Calypso gives me the papers with a wordless grin, in exchange for my solemn envelope stuffed with bills. He leaves and I hope to never see him again. He knows my name. He knows all my names. I have five. On the way home, I hang my arm over onto the now-cool aluminum and feel the wind on my arm. To feel the motion.
My living room is arranged with careless precision. Dishes unwashed, fridge stocked, half-drunk whiskey under the sink with other solvents. I’ve just finished a letter to Donna, but there aren’t any stamps. Used them up on the last one.
Ring. Thursday, it’s probably mom. The answering machine gets the call; yeah, it’s mom. Reminding me that Donna’ll be back in mere weeks, telling me she loves me. My indifference reminds me how you grow out of things. Love, mostly. Sometimes you desert them, sometime they you. Dramatic or muted, it happens, if you don’t try.
It’s the inevitable sameness that does it, from romances to cities. For instance, Donna will arrive on a plane from China, layover at Dulles and see my parents. They’re more than white markers in the ground somewhere: she loves them. Then she’ll come here, dressed conservatively with some Chinese flair, as if to tell people she’s been there. She’ll kiss me on the cheek, she’ll flash a crooked grin, she’ll tut tut at my fast-food arteries. Later, with the house clean, the mortgage almost payed off, the car parked parallel to well-trimmed bushes, the garage radio tuned to some country station, she’ll be in the garden grooming her flower garden; I’ll be in the backyard hammock absent-mindedly wondering how many storeys I’ll have to add to the house before throwing myself out a window will actually kill me.
I chose this life, and have I un-chosen it: tonight I’m going to kill Daniel Carver once and for all.
But I’m stopping by the coffee shop first. Love the place. But not to say goodbye.

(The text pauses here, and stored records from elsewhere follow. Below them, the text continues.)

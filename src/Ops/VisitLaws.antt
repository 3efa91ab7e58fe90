-- ===== src/Ops/VisitLaws.antt =====
-- visitBinaryOperator: the block that is emitted for an instruction leaves its result.
use clam.Prelude.{
  ℕ, ◌≡◌, refl, ap, subst, ◌∙◌, ◌⊎◌, inl, inr, Bool, true, false, List, Option, none, some,
  if◌then◌else◌, some_inv,
}
use clam.Lit.Values.{
  Value, Params, Var, VarFactory, VarFactoryLaws, is_bool, integer_bit_width, is_tracked_type,
}
use clam.Lit.Consts.{ApInt}
use clam.Lit.Literal.{Checked, ok, Lit, int_var, LinExp}
use clam.Lit.Factory.{Factory, get_lit}
use clam.Compare.Crab.{exp_value}
use clam.Compare.Insts.{int_exp}
use clam.Ir.{BoolOp, bool_and, bool_or, bool_xor, Stmt, Env, IntOps, Numbers, IntOpsLaws}
use clam.Ops.Views.{
  Opcode, op_and, op_or, op_xor, other_opcode, Row, row_of, BinaryInst, view, BoolView,
  bool_variable, bool_constant, is_arithmetic, bool_op_of,
}
use clam.Ops.Meaning.{IsIntOp, meaning, is_bitwise, row_of-RowMeans}
use clam.Ops.Binary.{
  join_operands, arithmetic_on, int_logic_on, dispatch_logic, visit_with, arithmetic, int_operands,
  do_arithmetic, do_int_logic_op, lit_variable, dispatch_op, visit_binary_operator,
}
use clam.Ops.ViewLaws.{IsPlain, int_exp-IsPlain}
use clam.Ops.BinaryLaws.{
  IsKnown, Puts, result, weaken, emitted, do_bin_op-emitted, do_bin_op-Puts, arithmetic-Puts,
}

op-cases :
    (op : Opcode)
    → IsIntOp op
    → ((is_arithmetic op ≡ true) × (is_bitwise op ≡ false))
      ⊎ ((b : BoolOp) × (bool_op_of op ≡ some b)
          × (is_arithmetic op ≡ false)
          × (is_bitwise op ≡ true))
unfolding bool_op_of is_arithmetic is_bitwise
op-cases op_and h = inr (bool_and, refl, refl, refl)
op-cases op_or h = inr (bool_or, refl, refl, refl)
op-cases op_xor h = inr (bool_xor, refl, refl, refl)
op-cases other_opcode h = absurd h
op-cases _ h = inl (refl, refl)

-- the value of a Boolean literal
abbrev pub bool_value : (ℕ → Bool) → BoolView → Bool
bool_value bools (bool_variable x) = bools x.name
bool_value bools (bool_constant b) = b

module _ (o : IntOps) (numbers : Numbers) (laws : IntOpsLaws o numbers) (picked : Env)
    (f : VarFactory) (value_at : ℕ → Value) (ap' : (w : ℕ) → ApInt w) (content_width : ℕ → ℕ)
    (params : Params) (names : VarFactoryLaws f) where
  open f use {State, known}

  abbrev operands : ℕ → ℕ → Factory State → Option (LinExp × LinExp) × Factory State
  operands = int_operands o f value_at ap' content_width params

  join_operands-IsPlain :
      (r1 r2 : Option Lit) (fac1 fac2 fac' : Factory State) (ops : LinExp × LinExp)
      (a b : Option LinExp)
      → int_exp r1 ≡ a
      → int_exp r2 ≡ b
      → join_operands o f value_at ap' content_width params a fac1 (b, fac2) ≡ (some ops, fac')
      → IsPlain (view ops.0) × IsPlain (view ops.1)
  unfolding join_operands
  join_operands-IsPlain r1 r2 fac1 fac2 fac' ops none b e k h =
      let no_ops : none ≡ some ops = ap (λ r. r.0) h in absurd (cc no_ops)
  join_operands-IsPlain r1 r2 fac1 fac2 fac' ops (some a) none e k h =
      let no_ops : none ≡ some ops = ap (λ r. r.0) h in absurd (cc no_ops)
  join_operands-IsPlain r1 r2 fac1 fac2 fac' ops (some a) (some b) e k h =
      let found : some (a, b) ≡ some ops = ap (λ r. r.0) h in
      subst (λ (p : LinExp × LinExp). IsPlain (view p.0) × IsPlain (view p.1)) (some_inv found)
        (int_exp-IsPlain r1 a e, int_exp-IsPlain r2 b k)

  operands-IsPlain :
      (v0 v1 : ℕ) (fac fac' : Factory State) (ops : LinExp × LinExp)
      → operands v0 v1 fac ≡ (some ops, fac')
      → IsPlain (view ops.0) × IsPlain (view ops.1)
  unfolding int_operands
  operands-IsPlain v0 v1 fac fac' ops h =
      let r1 = get_lit f value_at ap' content_width params v0 true fac in
      let r2 = get_lit f value_at ap' content_width params v1 true r1.1 in
      join_operands-IsPlain r1.0 r2.0 r1.1 r2.1 fac' ops (int_exp r1.0) (int_exp r2.0) refl refl h

  abbrev dispatch :
      BinaryInst → Opcode → Option Lit → Var → Factory State → Checked (List Stmt × Factory State)
  dispatch = dispatch_op o f value_at ap' content_width params

  visited :
      (i : BinaryInst) (lhs : Var) (w : ℕ) (fac fac1 : Factory State)
      → is_tracked_type (value_at i.self).type params ≡ true
      → get_lit f value_at ap' content_width params i.self true fac ≡ (some (int_var lhs w), fac1)
      → visit_binary_operator o f value_at ap' content_width params i fac
        ≡ dispatch i i.opcode (some (int_var lhs w)) lhs fac1
  unfolding visit_binary_operator visit_with lit_variable
  visited i lhs w fac fac1 tracked at_lhs =
      rw tracked (ap (visit_with o f value_at ap' content_width params i) at_lhs)

  dispatch-arithmetic :
      (i : BinaryInst) (op : Opcode) (lhs : Var) (w : ℕ) (ops : LinExp × LinExp)
      (fac1 fac2 : Factory State)
      → is_arithmetic op ≡ true
      → operands i.v0 i.v1 fac1 ≡ (some ops, fac2)
      → dispatch i op (some (int_var lhs w)) lhs fac1
        ≡ arithmetic o f value_at ap' content_width params op
            (integer_bit_width (value_at i.self).type)
            lhs
            ops.0
            ops.1
            fac2
  unfolding dispatch_op do_arithmetic arithmetic_on
  dispatch-arithmetic i op lhs w ops fac1 fac2 arith_op read = rw arith_op (
      ap
        (arithmetic_on o f value_at ap' content_width params op
          (integer_bit_width (value_at i.self).type) lhs)
        read
      ∙ rw arith_op refl)

  dispatch-logic :
      (i : BinaryInst) (op : Opcode) (row : Row) (b : BoolOp) (lhs : Var) (w : ℕ)
      (ops : LinExp × LinExp) (fac1 fac2 : Factory State)
      → row_of op ≡ some row
      → bool_op_of op ≡ some b
      → is_arithmetic op ≡ false
      → is_bool (value_at i.self).type ≡ false
      → operands i.v0 i.v1 fac1 ≡ (some ops, fac2)
      → dispatch i op (some (int_var lhs w)) lhs fac1
        ≡ ok (emitted o numbers laws picked row lhs ops.0 ops.1, fac2)
  unfolding dispatch_op dispatch_logic do_int_logic_op int_logic_on
  dispatch-logic i op row b lhs w ops fac1 fac2 is_row is_bool_op not_arith not_bool read =
      rw (not_arith, is_bool_op, not_bool)
        (ap (int_logic_on o f value_at ap' content_width params op lhs) read
          ∙ rw
              (
                int_logic_on,
                is_bool_op,
                do_bin_op-emitted o numbers laws picked op row lhs ops.0 ops.1 is_row,
              )
              refl)

  -- visitBinaryOperator emits a block for a tracked integer instruction whose operands are read, with
  -- an opcode on integers. An arithmetic opcode leaves its result, the one that LLVM's name stands for
  -- but without wrap-around, in the variable of the instruction, whichever operands are constants. A
  -- bitwise one does so too, unless the left operand is a constant and the right one a variable: then
  -- the variable is havocked. No other variable that was known changes.
  pub visit_binary_operator-Puts :
      (i : BinaryInst) (lhs : Var) (w : ℕ) (ops : LinExp × LinExp) (fac fac1 fac2 : Factory State)
      (e : Env)
      → IsIntOp i.opcode
      → is_tracked_type (value_at i.self).type params ≡ true
      → is_bool (value_at i.self).type ≡ false
      → get_lit f value_at ap' content_width params i.self true fac ≡ (some (int_var lhs w), fac1)
      → operands i.v0 i.v1 fac1 ≡ (some ops, fac2)
      → IsKnown o numbers laws picked (known fac2.vfac) (view ops.1)
      → (block : List Stmt) × (fac3 : Factory State) × (visit_binary_operator o f value_at ap'
            content_width params i fac
          ≡ ok (block, fac3))
        × Puts o numbers laws picked block e lhs
            (if is_bitwise i.opcode
              then result o numbers laws picked i.opcode lhs
                  (view ops.0)
                  (view ops.1)
                  (exp_value e.ints ops.0)
                  (exp_value e.ints ops.1)
              else meaning numbers i.opcode (exp_value e.ints ops.0) (exp_value e.ints ops.1))
            (known fac2.vfac)
  unfolding visit_binary_operator visit_with
  visit_binary_operator-Puts i lhs w ops fac fac1 fac2 e int_op tracked not_bool at_lhs read k =
      let op = i.opcode in
      let (p1, p2) = operands-IsPlain i.v0 i.v1 fac1 fac2 ops read in
      let width = integer_bit_width (value_at i.self).type in
      let dispatched = visited i lhs w fac fac1 tracked at_lhs in
      let (row, is_row, means) = row_of-RowMeans o numbers laws op int_op in
      elim (op-cases op int_op) [
        | inl (arith_op, not_bits) ↦
            let (block, fac3, made, puts) =
              arithmetic-Puts o numbers laws picked f value_at ap' content_width params names op row
                width lhs ops.0 ops.1 fac2 e is_row means p1 p2 k in
            (
              block,
              fac3,
              dispatched ∙ dispatch-arithmetic i op lhs w ops fac1 fac2 arith_op read ∙ made,
              rw not_bits puts,
            )
        | inr (b, is_bool_op, not_arith, bits) ↦ (
          emitted o numbers laws picked row lhs ops.0 ops.1,
          fac2,
          dispatched
              ∙ dispatch-logic i op row b lhs w ops fac1 fac2 is_row is_bool_op not_arith not_bool
                  read,
          rw bits (
              weaken o numbers laws picked (emitted o numbers laws picked row lhs ops.0 ops.1) e lhs
                _ (known fac2.vfac)
                (do_bin_op-Puts o numbers laws picked op row means lhs ops.0 ops.1 e p1 p2)),
        )
      ]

Just to keep up appearances. I don’t order the usual, and Jolene raises an eyebrow at that, a patented look. I explain how Donna’s coming back soon; I’m obviously excited. She’s obviously happy a marriage can survive six months of separation and tells me so; maybe I should ask her how a marriage can survive six months of living under the same roof. But appearances are more important tonight than being snide. I’m at my understated charming best.

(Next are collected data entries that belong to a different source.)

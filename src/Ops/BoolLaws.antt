-- ===== src/Ops/BoolLaws.antt =====
-- doBoolLogicOp: the block that is emitted for a logical operator on Booleans leaves its result.
use clam.Prelude.{ℕ, ◌≡◌, refl, ap, ◌∙◌, Bool, true, false, not, List, Option, none, some}
use clam.Lit.Values.{Value, Params, Var, VarFactory}
use clam.Lit.Consts.{ApInt}
use clam.Lit.Literal.{ok, Lit, bool_var}
use clam.Lit.Factory.{Factory, get_lit, mk_bool_var}
use clam.Compare.Crab.{holds}
use clam.Compare.Crab as Cst
use clam.Ir.{BoolOp, bool_and, bool_or, bool_xor, Stmt, Env, bool_op, put_bool, IntOps, step, exec}
use clam.Ops.Views.{BoolView, bool_variable, bool_constant, bool_view, bool_logic}
use clam.Ops.Binary.{join_bools, bool_logic_on, do_bool_logic_op}
use clam.Ops.VisitLaws.{bool_value}

-- two functions that agree on both values
agree : (g h : Bool → Bool) → g true ≡ h true → g false ≡ h false → (b : Bool) → g b ≡ h b
agree g h t n true = t
agree g h t n false = n

-- the literal of a variable, or null
abbrev pub literal : Option Var → Option Lit
literal none = none
literal (some x) = some (bool_var x)

-- the variable that gets the result
abbrev pub target :
    (f : VarFactory)
    → (ℕ → Value)
    → ((w : ℕ) → ApInt w)
    → (ℕ → ℕ)
    → Params
    → Option Var
    → Factory f.State
    → Var × Factory f.State
target f value_at ap' content_width params none fac =
    mk_bool_var f value_at ap' content_width params fac
target f value_at ap' content_width params (some x) fac = (x, fac)

module _ (o : IntOps) (picked : Env) where
  -- the switch, on every pair of variables and constants
  bool_logic_lem :
      (op : BoolOp) (lhs : Var) (x y : BoolView) (e : Env)
      → exec o picked (bool_logic op lhs x y) e
        ≡ some (put_bool lhs (bool_op op (bool_value e.bools x) (bool_value e.bools y)) e)
  unfolding bool_logic bool_op exec step holds Cst.exec
  bool_logic_lem op lhs (bool_variable x) (bool_variable y) e = refl
  bool_logic_lem bool_and lhs (bool_constant true) (bool_variable y) e = refl
  bool_logic_lem bool_and lhs (bool_variable x) (bool_constant true) e =
      ap (λ v. some (put_bool lhs v e))
        (agree (λ v. v) (λ v. bool_op bool_and v true) refl refl (e.bools x.name))
  bool_logic_lem bool_and lhs (bool_constant true) (bool_constant true) e = refl
  bool_logic_lem bool_and lhs (bool_constant true) (bool_constant false) e = refl
  bool_logic_lem bool_and lhs (bool_constant false) (bool_variable y) e = refl
  bool_logic_lem bool_and lhs (bool_variable x) (bool_constant false) e =
      ap (λ v. some (put_bool lhs v e))
        (agree (λ v. false) (λ v. bool_op bool_and v false) refl refl (e.bools x.name))
  bool_logic_lem bool_and lhs (bool_constant false) (bool_constant true) e = refl
  bool_logic_lem bool_and lhs (bool_constant false) (bool_constant false) e = refl
  bool_logic_lem bool_or lhs (bool_constant true) (bool_variable y) e = refl
  bool_logic_lem bool_or lhs (bool_variable x) (bool_constant true) e =
      ap (λ v. some (put_bool lhs v e))
        (agree (λ v. true) (λ v. bool_op bool_or v true) refl refl (e.bools x.name))
  bool_logic_lem bool_or lhs (bool_constant true) (bool_constant true) e = refl
  bool_logic_lem bool_or lhs (bool_constant true) (bool_constant false) e = refl
  bool_logic_lem bool_or lhs (bool_constant false) (bool_variable y) e = refl
  bool_logic_lem bool_or lhs (bool_variable x) (bool_constant false) e =
      ap (λ v. some (put_bool lhs v e))
        (agree (λ v. v) (λ v. bool_op bool_or v false) refl refl (e.bools x.name))
  bool_logic_lem bool_or lhs (bool_constant false) (bool_constant true) e = refl
  bool_logic_lem bool_or lhs (bool_constant false) (bool_constant false) e = refl
  bool_logic_lem bool_xor lhs (bool_constant true) (bool_variable y) e = refl
  bool_logic_lem bool_xor lhs (bool_variable x) (bool_constant true) e =
      ap (λ v. some (put_bool lhs v e))
        (agree (λ v. not v) (λ v. bool_op bool_xor v true) refl refl (e.bools x.name))
  bool_logic_lem bool_xor lhs (bool_constant true) (bool_constant true) e = refl
  bool_logic_lem bool_xor lhs (bool_constant true) (bool_constant false) e = refl
  bool_logic_lem bool_xor lhs (bool_constant false) (bool_variable y) e = refl
  bool_logic_lem bool_xor lhs (bool_variable x) (bool_constant false) e =
      ap (λ v. some (put_bool lhs v e))
        (agree (λ v. v) (λ v. bool_op bool_xor v false) refl refl (e.bools x.name))
  bool_logic_lem bool_xor lhs (bool_constant false) (bool_constant true) e = refl
  bool_logic_lem bool_xor lhs (bool_constant false) (bool_constant false) e = refl

  module _ (f : VarFactory) (value_at : ℕ → Value) (ap' : (w : ℕ) → ApInt w) (content_width : ℕ → ℕ)
      (params : Params) where
    open f use {State}

    -- what the operands are read as, one after the other
    abbrev pub ReadsBools : ℕ → ℕ → BoolView → BoolView → Factory State → Factory State → Type 0
    ReadsBools v1 v2 x y fac fac' =
        let r1 = get_lit f value_at ap' content_width params v1 true fac in
        let r2 = get_lit f value_at ap' content_width params v2 true r1.1 in
        (bool_view r1.0 ≡ some x) × (bool_view r2.0 ≡ some y) × (r2.1 ≡ fac')

    bool_logic_on-reads :
        (op : BoolOp) (lhs : Var) (v1 v2 : ℕ) (x y : BoolView) (fac fac' : Factory State)
        → ReadsBools v1 v2 x y fac fac'
        → bool_logic_on o f value_at ap' content_width params op lhs v1 v2 fac
          ≡ ok (lhs, bool_logic op lhs x y, fac')
    unfolding bool_logic_on join_bools
    bool_logic_on-reads op lhs v1 v2 x y fac fac' (h1, h2, h3) =
        let r1 = get_lit f value_at ap' content_width params v1 true fac in
        let r2 = get_lit f value_at ap' content_width params v2 true r1.1 in
        let join = join_bools o f value_at ap' content_width params op lhs in
        ap (λ b. join b r1.1 (bool_view r2.0, r2.1)) h1
        ∙ (ap (λ b. join (some x) r1.1 (b, r2.1)) h2
            ∙ ap (λ c. ok (lhs, bool_logic op lhs x y, c)) h3)

    -- If the operands are read as Boolean literals, doBoolLogicOp emits a block that leaves the
    -- conjunction, the disjunction or the exclusive or of their values in the variable of the
    -- instruction, or in a new one if there is none, and changes nothing else.
    pub do_bool_logic_op_lem :
        (op : BoolOp) (lhs : Option Var) (v1 v2 : ℕ) (x y : BoolView)
        (fac fac1 fac' : Factory State) (res : Var) (e : Env)
        → target f value_at ap' content_width params lhs fac ≡ (res, fac1)
        → ReadsBools v1 v2 x y fac1 fac'
        → (block : List Stmt) × (do_bool_logic_op o f value_at ap' content_width params op
              (literal lhs)
              v1
              v2
              fac
            ≡ ok (res, block, fac'))
          × (exec o picked block e
              ≡ some (put_bool res (bool_op op (bool_value e.bools x) (bool_value e.bools y)) e))
    unfolding do_bool_logic_op
    do_bool_logic_op_lem op none v1 v2 x y fac fac1 fac' res e at_res reads = (
      bool_logic op res x y,
      ap (λ r. bool_logic_on o f value_at ap' content_width params op r.0 v1 v2 r.1) at_res
          ∙ bool_logic_on-reads op res v1 v2 x y fac1 fac' reads,
      bool_logic_lem op res x y e,
    )
    do_bool_logic_op_lem op (some lhs) v1 v2 x y fac fac1 fac' res e at_res reads = (
      bool_logic op res x y,
      ap (λ r. bool_logic_on o f value_at ap' content_width params op r.0 v1 v2 r.1) at_res
          ∙ bool_logic_on-reads op res v1 v2 x y fac1 fac' reads,
      bool_logic_lem op res x y e,
    )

I nod to Donna’s uncle as I leave the shop. He nods back, smiles as if he knows I’m going to die tonight. But he’s probably just thinking about Donna and Daniel and re-union and celebration and good crops and caffeine and subsidies and whatever else he can be happy about in this town.
Then it’s time. Everything is in place. Lights on at home in the right places. Night is falling as drive down the road beside the river, daring myself to do it. I drive up and down three times, thinking about things that might seem out of place. Nothing.
In a breast pocket Donna sewed for me last year is a waterproof pouch. In it, five names, and sixty-five thousand dollars. It’s there. I can almost feel my heart through the thickness buttoned inside my coat.
In a moment, I am as ready as I’ve been since the first time I contemplated driving that damned Ford through the garage door to relieve the monotony. The river runs beside me like a black ribbon as I hit the gas.
I open my door and wrench the wheel. With a metallic groan, kick of dust, and magnificent spray of water, Daniel Carver is dead.